| Work item |
Only lines containing the word "combine" are needed; pull them out of the material.

------ The input

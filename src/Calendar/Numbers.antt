-- ===== src/Calendar/Numbers.antt =====
-- How day numbers grow with the date.
use workforce_app_backend.Common.{ℕ, zero, suc, ◌+◌, ◌≤◌, ◌<◌, ◌≡◌, arith}
use native.Mathlib.Decide.{dec_le}
use workforce_app_backend.Calendar.{
  Date, IsDate, leap_day, month_length, days_before_month, days_before_year, day_number,
}

pub leap_day-le : (y : ℕ) → leap_day y ≤ 1
unfolding leap_day
leap_day-le y = ground arith

pub days_before_year-suc :
    (y : ℕ) → days_before_year (y + 1) ≡ days_before_year y + 365 + leap_day y
unfolding days_before_year leap_day
days_before_year-suc y = ground arith

pub days_before_month-12 : (y : ℕ) → days_before_month y 12 ≡ 365 + leap_day y
unfolding days_before_month month_length
days_before_month-12 y = omega arith

days_before_month_mono : (y m n : ℕ) → m ≤ n → days_before_month y m ≤ days_before_month y n
unfolding days_before_month
days_before_month_mono y zero zero h = omega arith
days_before_month_mono y (suc m) zero h = absurd (omega arith)
days_before_month_mono y m (suc n) h = elim (dec_le m n) [
  | yes p ↦ omega (arith, days_before_month_mono y m n p)
  | no p ↦ let e : m ≡ suc n = omega arith in rw e (omega arith)
]

-- The last day of a month is not after the last day of the year.
day_of_year-le :
    (d : Date) → IsDate d → days_before_month d.year d.month + d.day ≤ 365 + leap_day d.year
unfolding days_before_month
day_of_year-le d v =
    omega (
      arith,
      days_before_month-12 d.year,
      days_before_month_mono d.year (suc d.month) 12 v.month_ok,
    )

pub day_number_bounds :
    (d : Date)
    → IsDate d
    → (days_before_year d.year ≤ day_number d) × (day_number d < days_before_year (d.year + 1))
unfolding day_number
day_number_bounds d v =
    let last = day_of_year-le d v in (ground arith, ground (arith, days_before_year-suc d.year))

days_before_year-suc' : (y : ℕ) → days_before_year y ≤ days_before_year (suc y)
days_before_year-suc' y =
    let e : suc y ≡ y + 1 = omega arith in rw e (omega (arith, days_before_year-suc y))

pub days_before_year_mono : (m n : ℕ) → m ≤ n → days_before_year m ≤ days_before_year n
days_before_year_mono m zero h = let e : m ≡ 0 = omega arith in rw e (omega arith)
days_before_year_mono m (suc n) h = elim (dec_le m n) [
  | yes p ↦ omega (arith, days_before_year_mono m n p, days_before_year-suc' n)
  | no p ↦ let e : m ≡ suc n = omega arith in rw e (omega arith)
]

-- A date of an earlier year has the smaller day number.
pub day_number-lt_of_year :
    (a b : Date) → IsDate a → IsDate b → a.year < b.year → day_number a < day_number b
day_number-lt_of_year a b va vb h = omega (
  arith,
  day_number_bounds a va,
  day_number_bounds b vb,
  days_before_year_mono (a.year + 1) b.year,
)
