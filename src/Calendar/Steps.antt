-- ===== src/Calendar/Steps.antt =====
-- The day after and the day before.
use workforce_app_backend.Common.{ℕ, suc, ◌+◌, ◌-◌, ◌≤◌, ◌<◌, ◌≡◌, arith}
use workforce_app_backend.Calendar.{
  Date, IsDate, leap_day, month_length, days_before_month, day_number, next_day, previous_day,
}
use workforce_app_backend.Calendar.Numbers.{leap_day-le, days_before_year-suc, days_before_month-12}

pub month_length_bounds : (y m : ℕ) → (28 ≤ month_length y m) × (month_length y m ≤ 31)
unfolding month_length
month_length_bounds y m = ground (arith, leap_day-le y)

pub next_day-IsDate : (d : Date) → IsDate d → IsDate (next_day d)
unfolding next_day
next_day-IsDate d v =
    ground (arith, month_length_bounds d.year (d.month + 1), month_length_bounds (d.year + 1) 0)

december : (y : ℕ) → month_length y 11 ≡ 31
unfolding month_length
december y = ground arith

pub previous_day-IsDate : (d : Date) → IsDate d → IsDate (previous_day d)
unfolding previous_day
previous_day-IsDate d v =
    ground (arith, month_length_bounds d.year (d.month - 1), december (d.year - 1))

days_before_month-add :
    (y m : ℕ) → days_before_month y (m + 1) ≡ days_before_month y m + month_length y m
unfolding days_before_month
days_before_month-add y m = let e : m + 1 ≡ suc m = omega arith in rw e (omega arith)

days_before_month-0 : (y : ℕ) → days_before_month y 0 ≡ 0
unfolding days_before_month
days_before_month-0 y = omega arith

days_before_december : (y m : ℕ) → m ≡ 11 → days_before_month y m + 31 ≡ 365 + leap_day y
days_before_december y m e =
    rw e (omega (arith, days_before_month-12 y, days_before_month-add y 11, december y))

-- The day after a date of the calendar has the next day number.
pub day_number-next_day : (d : Date) → IsDate d → day_number (next_day d) ≡ day_number d + 1
unfolding next_day day_number
day_number-next_day d v = ground (
  arith,
  days_before_month-add d.year d.month,
  days_before_year-suc d.year,
  days_before_month-0 (d.year + 1),
  days_before_december d.year d.month,
  december d.year,
)

-- From the year 1 on, the day after the day before a date is that date.
pub next_day-previous_day : (d : Date) → IsDate d → 0 < d.year → next_day (previous_day d) ≡ d
unfolding next_day previous_day
next_day-previous_day d v h = ground (arith, december (d.year - 1))
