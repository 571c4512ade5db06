-- ===== src/Calendar/Tests.antt =====
-- Concrete dates for the theorems on the calendar.
use workforce_app_backend.Common.{arith}
use workforce_app_backend.Calendar.{Date, date, IsDate, month_length, leap_day, is_leap}

abbrev leap : Date
leap = date 2024 1 29

leap-IsDate : IsDate leap
unfolding month_length leap_day is_leap
leap-IsDate = record { month_ok = omega arith; day_pos = omega arith; day_ok = omega arith }
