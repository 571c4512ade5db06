-- ===== src/Common/Table/Snapshot.antt =====
-- A loop that updates rows by what was read of them before the loop.
use mathlib.Core.Option
use native.Mathlib.Nat.{zero-add}
use workforce_app_backend.Common.{
  ℕ, ◌+◌, ◌≡◌, ap, ◌∙◌, sym, Bool, true, false, Option, none, some, List, [], ◌∷◌, arith, ◌==◌,
  sum_by, if◌then◌else◌, All, All-weaken, All-both, inl, inr, Option-cases,
}
use workforce_app_backend.Common.Table.{
  find_by, has_key, update_by, HasDistinctKeys, find_by-update_by,
}
use workforce_app_backend.Common.Table.Keys.{find_by-key}

-- An entry of such a loop: a key, and the days to add or to take.
abbrev pub Entry : Type 0
Entry = ℕ × ℕ

abbrev pub entry_key : Entry → ℕ
entry_key e = e.0

abbrev pub days_for : ℕ → List Entry → ℕ
days_for k entries = sum_by (λ e. if e.0 == k then e.1 else 0) entries

pub All-ne_key {ℓ} :
    {A : Type ℓ} (key : A → ℕ) (k : ℕ) (rows : List A)
    → has_key key k rows ≡ false
    → All (λ r. (key r == k) ≡ false) rows
All-ne_key key k [] h = tt
All-ne_key key k (r ∷ rows) h = (ground arith, All-ne_key key k rows (ground arith))

module _ {ℓ} {A : Type ℓ} (key : A → ℕ) (upd : ℕ → A → A → A) (snapshot : List A) where
  abbrev pub snapshot_step : Entry → List A → List A
  snapshot_step e rows = elim (find_by key e.0 snapshot) [
    | none ↦ rows
    | some row ↦ update_by key (key row) (upd e.1 row) rows
  ]

  unfoldable pub snapshot_loop : List Entry → List A → List A
  snapshot_loop [] rows = rows
  snapshot_loop (e ∷ entries) rows = snapshot_loop entries (snapshot_step e rows)

  module _ (keeps : (n : ℕ) (row r : A) → key (upd n row r) ≡ key r) where
    find_by-snapshot_step :
        (j : ℕ) (e : Entry) (rows : List A)
        → find_by key e.0 snapshot ≡ find_by key e.0 rows
        → find_by key j (snapshot_step e rows) ≡ (
            if e.0 == j
            then Option.map (λ r. upd e.1 r r) (find_by key j rows)
            else find_by key j rows)
    find_by-snapshot_step j e rows same = elim (Option-cases (find_by key e.0 snapshot)) [
      | inl missing ↦ ground arith
      | inr (row, found) ↦ ground (
        arith,
        find_by-key key e.0 snapshot found,
        find_by-update_by key j (key row) (upd e.1 row) rows (keeps e.1 row),
      )
    ]

    module _ (zero_law : (r : A) → upd 0 r r ≡ r)
        (add_law : (m n : ℕ) (r : A) → upd n (upd m r r) (upd m r r) ≡ upd (m + n) r r) where
      combine :
          (o : Option A) (b : Bool) (m n : ℕ) (o' : Option A)
          → o' ≡ (if b then Option.map (λ r. upd m r r) o else o)
          → Option.map (λ r. upd n r r) o' ≡ Option.map (λ r. upd ((if b then m else 0) + n) r r) o
      combine none true m n o' e = rw e
      combine none false m n o' e = rw e
      combine (some r) true m n o' e = rw e (ap some (add_law m n r))
      combine (some r) false m n o' e = rw (e, zero-add)

      -- Every row gets what the entries have for its key, all together.
      pub find_by-snapshot_loop :
          (j : ℕ) (entries : List Entry) (rows : List A)
          → HasDistinctKeys entry_key entries
          → All (λ e. find_by key e.0 snapshot ≡ find_by key e.0 rows) entries
          → find_by key j (snapshot_loop entries rows)
            ≡ Option.map (λ r. upd (days_for j entries) r r) (find_by key j rows)
      unfolding snapshot_loop
      find_by-snapshot_loop j [] rows d same = elim (Option-cases (find_by key j rows)) [
        | inl e ↦ rw e
        | inr (r, e) ↦ rw (e, zero_law r)
      ]
      find_by-snapshot_loop j (e ∷ entries) rows d same =
          let step = find_by-snapshot_step j e rows same.0 in
          let others =
            All-weaken
              (λ x p. p.0 ∙ sym (ground (arith, find_by-snapshot_step x.0 e rows same.0, p.1)))
              entries (All-both _ _ entries same.1 (All-ne_key entry_key e.0 entries d.0)) in
          let ih = find_by-snapshot_loop j entries (snapshot_step e rows) d.1 others in
          ih ∙ combine (find_by key j rows) (e.0 == j) e.1 (days_for j entries) _ step
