-- ===== src/Leave.antt =====
-- Annual leave: the first-in-first-out allocation over the leave years, and the balances.
pub mod Fifo
pub mod Policy
pub mod Annual
pub mod DayFraction
pub mod Requests
mod Tests
mod AnnualTests
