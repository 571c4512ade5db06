-- ===== src/Leave/Annual.antt =====
-- The tables behind src/modules/leave/annual-leave.service.ts (prisma/schema.prisma: Employee,
-- AnnualLeaveBucket, AnnualLeaveLedger, LeaveBalanceAllocation, LeaveRequest), with days of leave in
-- hundredths, and the small readers of that file.
pub mod Accrual
pub mod Apply
pub mod Service
pub mod Balance
pub mod Kept
use Prim.Native.String.{String}
use workforce_app_backend.Common.{
  ℕ, ◌+◌, Bool, true, false, ◌&&◌, Option, none, List, [], ◌∷◌, ◌++◌, ◌==◌, filter,
}
use workforce_app_backend.Common.Int.{ℤ, sub_ℕ}
use workforce_app_backend.Common.Result.{Result, or_throw, app_error}
use workforce_app_backend.Common.Table.{find_by, update_by, order_by}
use workforce_app_backend.Calendar.{Date, day_number}
use workforce_app_backend.Leave.DayFraction.{LeaveDayPlan}

pub data BucketStatus : Type 0 where
  opened expired : BucketStatus

pub record Bucket : Type 0 where
  pub id : ℕ
  pub organization_id : ℕ
  pub employee_id : ℕ
  pub period_start : Date
  pub period_end : Date
  pub expires_on : Date
  pub service_years : ℕ
  pub granted_days : ℕ
  pub used_days : ℕ
  pub pending_days : ℕ
  pub expired_days : ℕ
  pub status : BucketStatus

pub data LedgerType : Type 0 where
  grant top_up reserve release consume expire adjust : LedgerType

pub record LedgerRow : Type 0 where
  pub employee_id : ℕ
  pub bucket_id : ℕ
  pub leave_request_id : Option ℕ
  pub type : LedgerType
  pub days : ℤ
  pub note : Option String

pub record AllocationRow : Type 0 where
  pub leave_request_id : ℕ
  pub bucket_id : ℕ
  pub days : ℕ

pub data RequestStatus : Type 0 where
  pending approved rejected cancelled : RequestStatus

-- `tracks_balance` is that of the request's leave type.
pub record LeaveRequest : Type 0 where
  pub id : ℕ
  pub employee_id : ℕ
  pub tracks_balance : Bool
  pub type_organization_id : ℕ
  pub start_date : Date
  pub end_date : Date
  pub requested_at : ℕ
  pub number_of_days : ℕ
  pub days : List LeaveDayPlan
  pub status : RequestStatus

-- The timezones are those of the employee's office and schedule, if there are any.
pub record Employee : Type 0 where
  pub id : ℕ
  pub organization_id : ℕ
  pub employment_start_date : Date
  pub office_timezone : Option String
  pub schedule_timezone : Option String

-- `next_id` is the next identifier that the database generates.
pub record Store : Type 0 where
  pub employees : List Employee
  pub buckets : List Bucket
  pub ledger : List LedgerRow
  pub allocations : List AllocationRow
  pub requests : List LeaveRequest
  pub next_id : ℕ

abbrev pub bucket_id_of : Bucket → ℕ
bucket_id_of b = b.id

abbrev pub employee_id_of : Employee → ℕ
employee_id_of e = e.id

abbrev pub request_id_of : LeaveRequest → ℕ
request_id_of r = r.id

abbrev pub is_opened : BucketStatus → Bool
is_opened opened = true
is_opened expired = false

-- `remainingOf` of annual-leave.policy.ts; `remainingFromRow` is the same on a row.
unfoldable pub remaining_of : Bucket → ℤ
remaining_of b = sub_ℕ b.granted_days (b.used_days + b.pending_days + b.expired_days)

unfoldable pub load_employee : Store → ℕ → Result Employee
load_employee db employee_id =
    or_throw (find_by employee_id_of employee_id db.employees) (app_error 404 "EMPLOYEE_NOT_FOUND")

unfoldable pub write_ledger : Store → LedgerRow → Store
write_ledger db row = record db { ledger = db.ledger ++ row ∷ [] }

abbrev pub update_bucket : Store → ℕ → (Bucket → Bucket) → Store
update_bucket db id f = record db { buckets = update_by bucket_id_of id f db.buckets }

unfoldable pub open_buckets_oldest_first : Store → ℕ → List Bucket
open_buckets_oldest_first db employee_id =
    order_by (λ b. day_number b.period_start)
      (filter (λ b. (b.employee_id == employee_id) && is_opened b.status) db.buckets)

------------

| Output for this exercise |
      combine :
      combine none true m n o' e = rw e
      combine none false m n o' e = rw e
      combine (some r) true m n o' e = rw e (ap some (add_law m n r))
      combine (some r) false m n o' e = rw (e, zero-add)
          ih ∙ combine (find_by key j rows) (e.0 == j) e.1 (days_for j entries) _ step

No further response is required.